DeepSeek says it has found a way to make AI 85 per cent faster, flagship chip not required
Chinese AI startup, DeepSeek, has found a way to not only make AI models faster, but without needing flagship AI chips. The startup has unveiled DSpark, a new framework, can potentially speed up responses of its flagship models by as much as 85 per cent. Here are the details.
by Armaan Agarwal · India TodayIn Short
- DeepSeek unveils DSpark framework that can make Ai respond faster
- Company says AI can get up to 85 per cent faster, without needing new flagship chips
- DeepSeek and other Chinese companies face US-imposed restrictions for flagship chips
As demand for AI models continues to grow, companies are facing a problem – computing resources. Data centres need thousands of the most-advanced GPUs out there to run. And for Chinese AI companies like DeepSeek, advanced AI chips from the likes of Nvidia are not accessible due to US sanctions. But now, the Chinese startup claims that it has found a way to not only make its AI models respond much faster, but without needing the most advanced chips to do so.

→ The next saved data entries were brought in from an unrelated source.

-- ===== src/Tokenize/Literals.antt =====
-- Which token a word is: the literals of `tokenize`, and `radix_literal`, of src/parser.rs.
use aipl.Base.{
  ℕ, ◌-◌, ◌^◌, ltb, leb, ◌==◌, ℤ, String, Char, code, is_code, str_eq, Bool, true, false, ◌&&◌,
  ◌||◌, not, Option, none, some, if◌then◌else◌,
}
use aipl.Word.{wrap, from_bits}
use aipl.Base.{neg}
use aipl.Text.Strings.{all_chars}
use aipl.Token.{TokenKind, arrow, symbol, int_lit, int64_lit, float_lit, float32_lit, bool_lit}

-- The parsers of Rust's library. The bits of an `f64` and of the `f32` nearest to it stand for them.
pub record StdParse : Type 0 where
  pub parse_i64 : String → Option ℤ
  pub parse_f64 : String → Option ℕ
  pub to_f32 : ℕ → ℕ
  pub from_str_radix : String → ℕ → Option ℕ

abbrev pub cons : Char → String → String
cons c s = String.◌∷◌ c s

abbrev pub is_empty : String → Bool
is_empty String.[] = true
is_empty (String.◌∷◌ c s) = false

unfoldable pub strip_suffix : String → String → Option String
strip_suffix suffix String.[] = if is_empty suffix then some String.[] else none
strip_suffix suffix (String.◌∷◌ c s) =
    let later = strip_suffix suffix s in
    if str_eq (cons c s) suffix
    then some String.[]
    else elim later [ none ↦ none | some front ↦ some (cons c front) ]

abbrev pub is_ascii_digit : Char → Bool
is_ascii_digit c = leb 48 (code c) && leb (code c) 57

-- `is_digit(radix)`, of radix 16 or 2.
abbrev pub is_digit : ℕ → Char → Bool
is_digit radix c =
    if radix == 2
    then leb 48 (code c) && leb (code c) 49
    else is_ascii_digit c
      || (leb 65 (code c) && leb (code c) 70)
      || (leb 97 (code c) && leb (code c) 102)

unfoldable pub any_char : (Char → Bool) → String → Bool
any_char p String.[] = false
any_char p (String.◌∷◌ c s) = p c || any_char p s

-- `digits.replace('_', "")`.
unfoldable pub without_underscores : String → String
without_underscores String.[] = String.[]
without_underscores (String.◌∷◌ c s) =
    let rest = without_underscores s in if is_code c b'_' then rest else cons c rest

-- The digits are empty, begin or end with `_`, or hold two in a row: `after` says whether one stands
-- before the text, or nothing does.
unfoldable pub misplaced_underscore : Bool → String → Bool
misplaced_underscore after String.[] = after
misplaced_underscore after (String.◌∷◌ c s) =
    if is_code c b'_' then after || misplaced_underscore true s else misplaced_underscore false s

-- The sign, and what is left.
abbrev pub signed : String → Bool × String
signed String.[] = (false, String.[])
signed (String.◌∷◌ c s) =
    if is_code c b'-' then (true, s) else if is_code c b'+' then (false, s) else (false, cons c s)

-- The radix that a prefix `0x` or `0b` gives, and the digits after it.
abbrev pub radix_prefix : String → Option (ℕ × String)
radix_prefix (String.◌∷◌ z (String.◌∷◌ x digits)) =
    if is_code z b'0' && is_code x b'x'
    then some (16, digits)
    else if is_code z b'0' && is_code x b'b'
    then some (2, digits)
    else none
radix_prefix _ = none

unfoldable pub radix_literal : StdParse → String → Bool → Option ℤ
radix_literal std text wide =
    let (negative, rest) = signed text in
    elim (radix_prefix rest) [
      | none ↦ none
      | some (radix, digits) ↦
          if misplaced_underscore true digits
          then none
          else if not (all_chars (λ c. is_code c b'_' || is_digit radix c) digits)
          then none
          else elim (std.from_str_radix (without_underscores digits) radix) [
            | none ↦ none
            | some magnitude ↦
                if not wide && ltb (2 ^ 63 - 1) magnitude
                then none
                else let value = from_bits 64 magnitude in
                  some (if negative then wrap 64 (neg value) else value)
          ]
    ]

abbrev pub or_else {ℓ} : {A : Type ℓ} → Option A → Option A → Option A
or_else (some a) b = some a
or_else none b = b

unfoldable pub plain_int : StdParse → String → Option ℤ
plain_int std s = or_else (std.parse_i64 s) (radix_literal std s false)

unfoldable pub wide_int : StdParse → String → Option ℤ
wide_int std s = elim (strip_suffix "i64" s) [
  | none ↦ none
  | some digits ↦
      if is_empty digits
      then none
      else or_else (std.parse_i64 digits) (radix_literal std digits true)
]

abbrev has_dot_and_digit : String → Bool
has_dot_and_digit s = any_char (λ c. is_code c b'.') s && any_char is_ascii_digit s

unfoldable pub short_float : StdParse → String → Option ℕ
short_float std s = elim (strip_suffix "f32" s) [
  | none ↦ none
  | some digits ↦ if has_dot_and_digit digits then std.parse_f64 digits else none
]

unfoldable pub long_float : StdParse → String → Option ℕ
long_float std s = if has_dot_and_digit s then std.parse_f64 s else none

-- The token that a word is; an empty word is none.
unfoldable pub word_kind : StdParse → String → Option TokenKind
word_kind std s =
    if str_eq s "->"
    then some arrow
    else if str_eq s "true"
    then some (bool_lit true)
    else if str_eq s "false"
    then some (bool_lit false)
    else elim (plain_int std s) [
      | some i ↦ some (int_lit i)
      | none ↦ elim (wide_int std s) [
        | some i ↦ some (int64_lit i)
        | none ↦ elim (short_float std s) [
          | some f ↦ some (float32_lit (std.to_f32 f) s)
          | none ↦ elim (long_float std s) [
            | some f ↦ some (float_lit f s)
            | none ↦ if is_empty s then none else some (symbol s)
          ]
        ]
      ]
    ]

DeepSeek has unveiled DSpark – a speculative decoding framework for its flagship V4 model family. DeepSeek says that this can speed up AI responses by as much as 85 per cent. For instance, a single GPU that previously handled 100 user queries could process about 185.
Smaller AI model does the work, larger one verifies
DeepSeek claims that DSpark is aimed at speeding up AI inference – that is the time an AI model takes to respond to your query. AI inference is often seen as a major bottleneck in serving AI models.
AI models generate text one token at a time, which gets slow and wasteful with GPUs when responses are long. Tokens are the basic unit of measurement for AI models. The more work you do, the more tokens you consume.
DSpark addresses this with speculative decoding. According to the company, a lightweight draft model quickly proposes responses, and then the main model verifies them in batches rather than generating everything from scratch.
That is a smaller model does the work, which is then verified by the larger one. If the draft created by the smaller model is correct, the system skips ahead, and if it is not, it falls back. DeepSeek says that most tokens are easy to predict, so the system can often move ahead.
DeepSeek claims that this allows output to be generated faster. All of this happens on the GPU with no work being shifted to the CPU.
The framework also uses a semi-autoregressive generation method. That is instead of generating responses on a token-by-token basis, it can produce small chunks of tokens, making the process quicker.
More efficient way of using AI?
The company has open-sourced its DSpark research, a joint effort with Peking University, on GitHub and HuggingFace. DeepSeek says that DSpark does not improve a model's general capabilities, but it could help companies get better performance without large additional investment in computing resources.
The company tested the framework on several open-source models, including Google DeepMind's Gemma and Alibaba's Qwen, suggesting the gains could be applied more widely.
This could be crucial at a time when AI companies are spending billions of dollars to acquire more compute for data centres. At the same time, companies like Uber and Walmart are restricting AI token usage for employees due to rising costs.
In April this year, DeepSeek open-sourced V4 Preview, positioning the model family as a cost-effective option for handling 1 million-context inputs. DeepSeek said V4-Pro is aimed at higher performance, while V4-Flash is designed as a faster and cheaper option.
Do note that DeepSeek is not the only company working on improving AI response speed. Earlier this month, Xiaomi's AI team said it had raised the output speed of its MiMo-V2.5-Pro-UltraSpeed model to more than 1,000 tokens per second, among the fastest speeds in the industry.
- Ends